Also according to a PSU manufacturer who provided me some info on this matter, 

Many MBs are delivered with ErP DISABLED and this also causes the PSU to whine.
In addition, they have noticed that many MBs VRM don't have the proper filtering, so some end users change MB and the coil whine goes away. 

This means that a cheapo mainboard can cause coil whine. (my conclusion)

Also some users tried ferrite cores/rings on the 12V & MB cables and the whine went away.


----------



## nem (Jun 16, 2014)

crmaris hello bro well im very insterested in this model because i am in the posibility of buy this psu but the model of 750w, there is some selling me this psu of course used but to very good Price , so im wonder which is the diference between the G Series V1(550 W) reviewed in 2012 and the G Series V2(550 W) reviewed in 2014, sorry im dont understand or both psu are the same ?

http://www.techpowerup.com/reviews/Seasonic/G550/3.HTML
http://www.techpowerup.com/reviews/Seasonic/G550_V2/3.html


----------



## AsRock (Jun 16, 2014)

nem said:


> hello bro well im very insterested in this model because i am in the posibility of buy this psu but the model of 750w, there is some selling me this psu of course used but to very good Price , so im wonder which is the diference between the G Series V1(550 W) reviewed in 2012 and the G Series V2(550 W) reviewed in 2014, sorry im dont understand or both psu are the same ?
> 
> http://www.techpowerup.com/reviews/Seasonic/G550/3.HTML
> http://www.techpowerup.com/reviews/Seasonic/G550_V2/3.html



By thew looks of it ones version 2,  Should be a improved version.  I have a Seasonic X-750 v2 and it's been totally sweet.

It's $140 on newegg at the moment not to bad considering the TPU review it got.
http://www.techpowerup.com/reviews/Seasonic/X-750/1.html


----------



## nem (Jun 16, 2014)

bro one more question, if were you who gona buy one psu and have two options between

both versions of 750w 

Seasonic SSR-750RM : http://www.seasonicusa.com/G-series-450-550-650.htm

Corsair RM50 : http://www.corsair.com/se-fi/rm-series-rm750-80-plus-gold-certified-power-supply

witch you will buy and why

http://www.techpowerup.com/reviews/Seasonic/G550_V2/11.html

http://www.techpowerup.com/reviews/Corsair/RM650/11.html


----------



## AsRock (Jun 17, 2014)

It be the Seasonic how ever these reviews are old maybe there is newer versions by now ?.. I like Seasonic my self you get what you pay for although Corsair on some of their units are really nice and some times use Seasonic designs and get to pay a little less.

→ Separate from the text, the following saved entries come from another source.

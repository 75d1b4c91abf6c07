-- ===== src/Keychain/Windows/Cleaning.antt =====
-- store/keychain/keychain_windows.go: cleaning the attributes of a credential that counts its chunks.
use mathlib.Core.Path.{fun_ext}
use secrets_engine.Keychain.Metadata.{Attributes, x_prefix, safely_clean_metadata, drop_internal}
use secrets_engine.Keychain.Metadata.Plain.{
  without, strip_keys_plain, elem-without, distinct-without,
}
use secrets_engine.Keychain.Metadata.RoundTrip.{
  NoClash, stored, stored-x, stored_other, safely_clean_metadata-stored,
}
use secrets_engine.Keychain.Windows.{chunk_count_key}
use secrets_engine.Maps.{put, remove, elem, IsKeys}
use secrets_engine.Prelude.{◌≡◌, refl, sym, ap, ◌∙◌, inl, inr, true, false, List, ◌++◌, none, arith}
use secrets_engine.Secrets.Identifier.{SecretId}
use secrets_engine.Text.{Bytes, equal, equal_refl, equal_ne, Bytes-cases, cut_prefix}

drop_internal-put :
    (c : Bytes) (m : Attributes) (j : Bytes)
    → drop_internal (put chunk_count_key c m) j ≡ put chunk_count_key c (drop_internal m) j
unfolding drop_internal
drop_internal-put c m j = elim (Bytes-cases chunk_count_key j) [
  | inl e ↦ rw (sym e) (unfold equal in refl)
  | inr n ↦ rw (equal_ne chunk_count_key j n)
]

module _ (metadata : Attributes) (keys : List Bytes) (visited : IsKeys metadata keys)
    (clear : NoClash metadata) (service_group service_name : Bytes) (i : SecretId) (count : Bytes)
    (uncounted : metadata chunk_count_key ≡ none) where
  abbrev plain : Attributes
  plain = drop_internal (stored metadata keys visited clear service_group service_name i)

  abbrev pub chunked : Attributes
  chunked =
      put chunk_count_key count (stored metadata keys visited clear service_group service_name i)

  plain-count : plain chunk_count_key ≡ none
  plain-count =
      stored_other metadata keys visited clear service_group service_name i chunk_count_key
        (λ k e. ground arith)

  remove-chunked : remove chunk_count_key (drop_internal chunked) ≡ plain
  remove-chunked = fun_ext (λ j. elim (Bytes-cases chunk_count_key j) [
    | inl e ↦ rw (sym e, equal_refl chunk_count_key) (sym plain-count)
    | inr n ↦
        rw
          (
            equal_ne chunk_count_key j n,
            drop_internal-put count
                (stored metadata keys visited clear service_group service_name i) j,
          )
          (rw (equal_ne chunk_count_key j n))
  ])

  module _ (left : List Bytes) (visited_left : IsKeys (drop_internal chunked) left) where
    without-IsKeys : IsKeys plain (without chunk_count_key left)
    without-IsKeys = record {
      visits = λ j.
          elem-without chunk_count_key left j visited_left.once
          ∙ rw (visited_left.visits j)
              (rw (sym (ap (λ (m : Attributes). m j) remove-chunked)) (ground arith));
      once = distinct-without chunk_count_key left visited_left.once;
    }

    counted_left : elem chunk_count_key left ≡ true
    counted_left =
        visited_left.visits chunk_count_key
        ∙ rw (
          drop_internal-put count (stored metadata keys visited clear service_group service_name i)
              chunk_count_key,
          equal_refl chunk_count_key,
        )

    no_x_left : elem (x_prefix ++ chunk_count_key) left ≡ false
    no_x_left =
        visited_left.visits (x_prefix ++ chunk_count_key)
        ∙ rw
            (drop_internal-put count
              (stored metadata keys visited clear service_group service_name i)
              (x_prefix ++ chunk_count_key))
            (unfold equal in
              rw (
                stored-x metadata keys visited clear service_group service_name i chunk_count_key,
                uncounted,
              ))

    -- Cleaning gives the metadata back in the presence of a count of chunks too, if the metadata has no
    -- key of that name itself.
    pub safely_clean_metadata-chunked :
        (j : Bytes) → safely_clean_metadata left chunked j ≡ metadata j
    safely_clean_metadata-chunked j =
        unfold safely_clean_metadata in
        ap (λ (m : Attributes). m j)
          (strip_keys_plain chunk_count_key left (drop_internal chunked) (unfold cut_prefix in refl)
            counted_left no_x_left)
        ∙ rw remove-chunked (
            safely_clean_metadata-stored metadata keys visited clear service_group service_name i
              (without chunk_count_key left) without-IsKeys j)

You buy Seasonic you get just that.. And going by some reviews i would pick none as places like HardOCP say the X series is better and the Corsair failed going by there review.

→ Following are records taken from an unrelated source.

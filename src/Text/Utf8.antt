-- ===== src/Text/Utf8.antt =====
-- The texts that are UTF-8 without a zero byte: another system gives them back as they are.
use secrets_engine.Prelude.{ℕ, ◌≤◌, ◌≡◌, ◌⊎◌, [], ◌∷◌, ◌++◌, All}
use secrets_engine.Text.Equal.{Bytes}

-- The byte lies in the range.
abbrev IsBetween : ℕ → ℕ → ℕ → Type 0
IsBetween lo hi b = (lo ≤ b) × (b ≤ hi)

abbrev IsTail : ℕ → Type 0
IsTail = IsBetween 0x80 0xBF

-- The first two bytes of three: neither overlong nor a surrogate.
abbrev BeginThree : ℕ → ℕ → Type 0
BeginThree c b =
    ((c ≡ 0xE0) × IsBetween 0xA0 0xBF b)
    ⊎ (IsBetween 0xE1 0xEC c × IsTail b)
    ⊎ ((c ≡ 0xED) × IsBetween 0x80 0x9F b)
    ⊎ (IsBetween 0xEE 0xEF c × IsTail b)

-- The first two bytes of four: neither overlong nor over U+10FFFF.
abbrev BeginFour : ℕ → ℕ → Type 0
BeginFour c b =
    ((c ≡ 0xF0) × IsBetween 0x90 0xBF b)
    ⊎ (IsBetween 0xF1 0xF3 c × IsTail b)
    ⊎ ((c ≡ 0xF4) × IsBetween 0x80 0x8F b)

pub data IsUtf8 : Bytes → Type 0 where
  ended : IsUtf8 []
  one : {c : ℕ} {s : Bytes} → IsBetween 1 0x7F c → IsUtf8 s → IsUtf8 (c ∷ s)
  two : {c b : ℕ} {s : Bytes} → IsBetween 0xC2 0xDF c → IsTail b → IsUtf8 s → IsUtf8 (c ∷ b ∷ s)
  three : {c b d : ℕ} {s : Bytes} → BeginThree c b → IsTail d → IsUtf8 s → IsUtf8 (c ∷ b ∷ d ∷ s)
  four :
      {c b d e : ℕ} {s : Bytes}
      → BeginFour c b
      → IsTail d
      → IsTail e
      → IsUtf8 s
      → IsUtf8 (c ∷ b ∷ d ∷ e ∷ s)

pub IsUtf8-append : (s t : Bytes) → IsUtf8 s → IsUtf8 t → IsUtf8 (s ++ t)
IsUtf8-append _ t ended h = h
IsUtf8-append _ t (one {s = s} c u) h = one c (IsUtf8-append s t u h)
IsUtf8-append _ t (two {s = s} c b u) h = two c b (IsUtf8-append s t u h)
IsUtf8-append _ t (three {s = s} c d u) h = three c d (IsUtf8-append s t u h)
IsUtf8-append _ t (four {s = s} c d e u) h = four c d e (IsUtf8-append s t u h)

pub ascii-IsUtf8 : (s : Bytes) → All (λ c. (1 ≤ c) × (c ≤ 0x7F)) s → IsUtf8 s
ascii-IsUtf8 [] h = ended
ascii-IsUtf8 (c ∷ s) h = one h.0 (ascii-IsUtf8 s h.1)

As i said the review s are old and maybe they have improved them by now
Seasonic 
http://www.hardocp.com/article/2013/10/30/seasonic_gseries_g750_power_supply_review/

That Corsair got bad reviews
http://www.techpowerup.com/reviews/Corsair/RM750/11.html
http://www.hardocp.com/article/2013/11/13/corsair_rm750_750w_power_supply_review/1


----------